-- Your task --
Print the first line of the data below and every one after it, through the line containing "row_of = (ludo.lookup_slot c.seeds key).0", exactly as written.

[Records for the task]

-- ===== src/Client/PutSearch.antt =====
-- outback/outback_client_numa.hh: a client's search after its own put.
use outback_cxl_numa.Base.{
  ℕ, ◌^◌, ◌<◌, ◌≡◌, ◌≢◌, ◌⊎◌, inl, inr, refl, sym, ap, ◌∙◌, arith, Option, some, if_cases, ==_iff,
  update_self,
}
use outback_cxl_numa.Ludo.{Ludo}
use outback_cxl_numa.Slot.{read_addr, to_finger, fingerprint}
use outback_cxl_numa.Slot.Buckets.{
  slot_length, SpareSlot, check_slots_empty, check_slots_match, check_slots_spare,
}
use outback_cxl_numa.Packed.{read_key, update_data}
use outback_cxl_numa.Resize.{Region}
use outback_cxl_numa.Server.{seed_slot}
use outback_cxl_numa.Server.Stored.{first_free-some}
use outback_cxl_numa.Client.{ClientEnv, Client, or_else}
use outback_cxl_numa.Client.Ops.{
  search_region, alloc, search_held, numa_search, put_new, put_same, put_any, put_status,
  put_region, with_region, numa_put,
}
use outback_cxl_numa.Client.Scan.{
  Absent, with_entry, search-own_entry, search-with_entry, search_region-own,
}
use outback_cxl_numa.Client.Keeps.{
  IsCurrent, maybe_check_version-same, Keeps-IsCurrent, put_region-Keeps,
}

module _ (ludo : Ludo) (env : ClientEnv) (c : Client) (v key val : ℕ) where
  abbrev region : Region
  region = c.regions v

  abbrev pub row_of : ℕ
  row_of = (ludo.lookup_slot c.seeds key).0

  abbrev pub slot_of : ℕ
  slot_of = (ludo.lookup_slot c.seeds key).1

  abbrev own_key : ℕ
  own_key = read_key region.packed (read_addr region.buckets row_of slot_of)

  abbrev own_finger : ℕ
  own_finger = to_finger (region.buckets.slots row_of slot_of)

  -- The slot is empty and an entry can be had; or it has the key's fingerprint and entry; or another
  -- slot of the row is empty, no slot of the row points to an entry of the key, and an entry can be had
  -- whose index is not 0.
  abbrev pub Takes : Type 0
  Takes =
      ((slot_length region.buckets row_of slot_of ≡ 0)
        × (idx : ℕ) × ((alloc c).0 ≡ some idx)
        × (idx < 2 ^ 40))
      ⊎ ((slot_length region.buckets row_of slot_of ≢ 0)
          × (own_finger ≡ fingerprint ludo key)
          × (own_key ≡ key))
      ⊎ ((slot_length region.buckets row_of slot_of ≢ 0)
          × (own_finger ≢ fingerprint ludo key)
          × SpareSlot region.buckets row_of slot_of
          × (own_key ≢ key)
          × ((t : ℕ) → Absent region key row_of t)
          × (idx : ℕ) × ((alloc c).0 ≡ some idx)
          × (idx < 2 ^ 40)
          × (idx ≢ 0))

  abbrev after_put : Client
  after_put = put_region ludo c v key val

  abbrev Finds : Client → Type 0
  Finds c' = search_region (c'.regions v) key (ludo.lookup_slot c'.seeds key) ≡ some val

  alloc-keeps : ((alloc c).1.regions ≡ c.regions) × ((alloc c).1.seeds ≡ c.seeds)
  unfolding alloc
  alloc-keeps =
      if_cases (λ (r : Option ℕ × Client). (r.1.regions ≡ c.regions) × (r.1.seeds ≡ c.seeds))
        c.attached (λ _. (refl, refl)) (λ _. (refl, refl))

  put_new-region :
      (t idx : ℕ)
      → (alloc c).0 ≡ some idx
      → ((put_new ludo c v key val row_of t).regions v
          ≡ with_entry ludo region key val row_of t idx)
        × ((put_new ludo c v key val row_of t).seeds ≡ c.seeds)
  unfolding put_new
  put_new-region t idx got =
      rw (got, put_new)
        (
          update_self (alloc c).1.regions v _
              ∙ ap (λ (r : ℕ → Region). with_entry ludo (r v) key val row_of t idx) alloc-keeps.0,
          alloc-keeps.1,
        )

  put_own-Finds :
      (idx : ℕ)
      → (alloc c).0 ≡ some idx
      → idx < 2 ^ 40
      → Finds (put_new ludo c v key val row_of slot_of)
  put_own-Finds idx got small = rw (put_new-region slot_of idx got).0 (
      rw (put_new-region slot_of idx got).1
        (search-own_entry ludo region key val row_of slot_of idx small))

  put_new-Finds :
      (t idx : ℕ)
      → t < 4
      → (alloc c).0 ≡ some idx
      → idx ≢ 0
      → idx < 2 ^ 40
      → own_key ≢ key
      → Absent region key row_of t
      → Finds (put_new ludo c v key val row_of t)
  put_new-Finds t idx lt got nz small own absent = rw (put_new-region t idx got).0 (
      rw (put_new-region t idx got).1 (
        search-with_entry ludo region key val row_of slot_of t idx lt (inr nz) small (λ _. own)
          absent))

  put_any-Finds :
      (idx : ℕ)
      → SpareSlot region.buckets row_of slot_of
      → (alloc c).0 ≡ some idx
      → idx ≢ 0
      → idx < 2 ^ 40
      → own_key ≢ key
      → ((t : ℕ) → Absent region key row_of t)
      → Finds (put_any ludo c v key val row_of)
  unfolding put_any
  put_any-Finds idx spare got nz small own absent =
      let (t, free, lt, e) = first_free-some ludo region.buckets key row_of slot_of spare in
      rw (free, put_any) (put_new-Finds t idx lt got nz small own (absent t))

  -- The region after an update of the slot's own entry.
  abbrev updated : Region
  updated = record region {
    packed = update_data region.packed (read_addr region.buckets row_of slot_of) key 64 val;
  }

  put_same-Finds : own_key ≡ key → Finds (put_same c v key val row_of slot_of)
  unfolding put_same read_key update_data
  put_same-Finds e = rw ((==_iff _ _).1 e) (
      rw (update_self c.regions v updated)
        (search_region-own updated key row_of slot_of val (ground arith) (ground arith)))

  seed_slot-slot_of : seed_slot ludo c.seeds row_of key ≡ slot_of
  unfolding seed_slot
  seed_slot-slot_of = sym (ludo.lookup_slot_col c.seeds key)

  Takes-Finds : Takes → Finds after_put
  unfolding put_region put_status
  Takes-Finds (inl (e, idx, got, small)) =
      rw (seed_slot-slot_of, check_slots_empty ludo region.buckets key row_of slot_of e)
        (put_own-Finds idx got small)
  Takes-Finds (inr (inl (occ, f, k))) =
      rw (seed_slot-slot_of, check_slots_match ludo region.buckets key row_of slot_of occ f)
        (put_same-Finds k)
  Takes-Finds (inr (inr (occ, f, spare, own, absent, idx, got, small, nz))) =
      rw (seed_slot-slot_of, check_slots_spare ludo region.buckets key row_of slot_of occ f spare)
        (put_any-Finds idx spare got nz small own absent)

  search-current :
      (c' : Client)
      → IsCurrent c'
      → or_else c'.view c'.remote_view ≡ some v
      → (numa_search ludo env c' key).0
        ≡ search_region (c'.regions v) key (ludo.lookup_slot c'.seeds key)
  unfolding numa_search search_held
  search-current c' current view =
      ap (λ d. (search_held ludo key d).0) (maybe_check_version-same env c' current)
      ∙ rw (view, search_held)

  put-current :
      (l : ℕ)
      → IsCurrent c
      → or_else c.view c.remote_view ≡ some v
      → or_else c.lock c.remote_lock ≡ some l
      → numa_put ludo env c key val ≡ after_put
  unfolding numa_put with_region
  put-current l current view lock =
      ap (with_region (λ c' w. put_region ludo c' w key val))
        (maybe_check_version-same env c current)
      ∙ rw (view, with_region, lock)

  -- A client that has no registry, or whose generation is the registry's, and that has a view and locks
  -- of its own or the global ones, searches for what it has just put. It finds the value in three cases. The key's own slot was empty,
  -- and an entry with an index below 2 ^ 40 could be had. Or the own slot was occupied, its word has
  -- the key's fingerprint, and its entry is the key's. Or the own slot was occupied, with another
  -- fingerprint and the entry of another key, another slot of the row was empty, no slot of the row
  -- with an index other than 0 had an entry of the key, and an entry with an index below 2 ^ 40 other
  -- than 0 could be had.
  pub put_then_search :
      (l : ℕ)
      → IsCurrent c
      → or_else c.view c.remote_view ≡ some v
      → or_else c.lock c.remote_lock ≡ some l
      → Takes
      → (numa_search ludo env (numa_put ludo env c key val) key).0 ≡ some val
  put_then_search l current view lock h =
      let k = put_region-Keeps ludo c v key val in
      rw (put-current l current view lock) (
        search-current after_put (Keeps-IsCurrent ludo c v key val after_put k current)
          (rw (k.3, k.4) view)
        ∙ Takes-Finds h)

[/Records for the task]

-- Exercise result --
-- ===== src/Client/PutSearch.antt =====
-- outback/outback_client_numa.hh: a client's search after its own put.
use outback_cxl_numa.Base.{
  ℕ, ◌^◌, ◌<◌, ◌≡◌, ◌≢◌, ◌⊎◌, inl, inr, refl, sym, ap, ◌∙◌, arith, Option, some, if_cases, ==_iff,
  update_self,
}
use outback_cxl_numa.Ludo.{Ludo}
use outback_cxl_numa.Slot.{read_addr, to_finger, fingerprint}
use outback_cxl_numa.Slot.Buckets.{
  slot_length, SpareSlot, check_slots_empty, check_slots_match, check_slots_spare,
}
use outback_cxl_numa.Packed.{read_key, update_data}
use outback_cxl_numa.Resize.{Region}
use outback_cxl_numa.Server.{seed_slot}
use outback_cxl_numa.Server.Stored.{first_free-some}
use outback_cxl_numa.Client.{ClientEnv, Client, or_else}
use outback_cxl_numa.Client.Ops.{
  search_region, alloc, search_held, numa_search, put_new, put_same, put_any, put_status,
  put_region, with_region, numa_put,
}
use outback_cxl_numa.Client.Scan.{
  Absent, with_entry, search-own_entry, search-with_entry, search_region-own,
}
use outback_cxl_numa.Client.Keeps.{
  IsCurrent, maybe_check_version-same, Keeps-IsCurrent, put_region-Keeps,
}

module _ (ludo : Ludo) (env : ClientEnv) (c : Client) (v key val : ℕ) where
  abbrev region : Region
  region = c.regions v

  abbrev pub row_of : ℕ
  row_of = (ludo.lookup_slot c.seeds key).0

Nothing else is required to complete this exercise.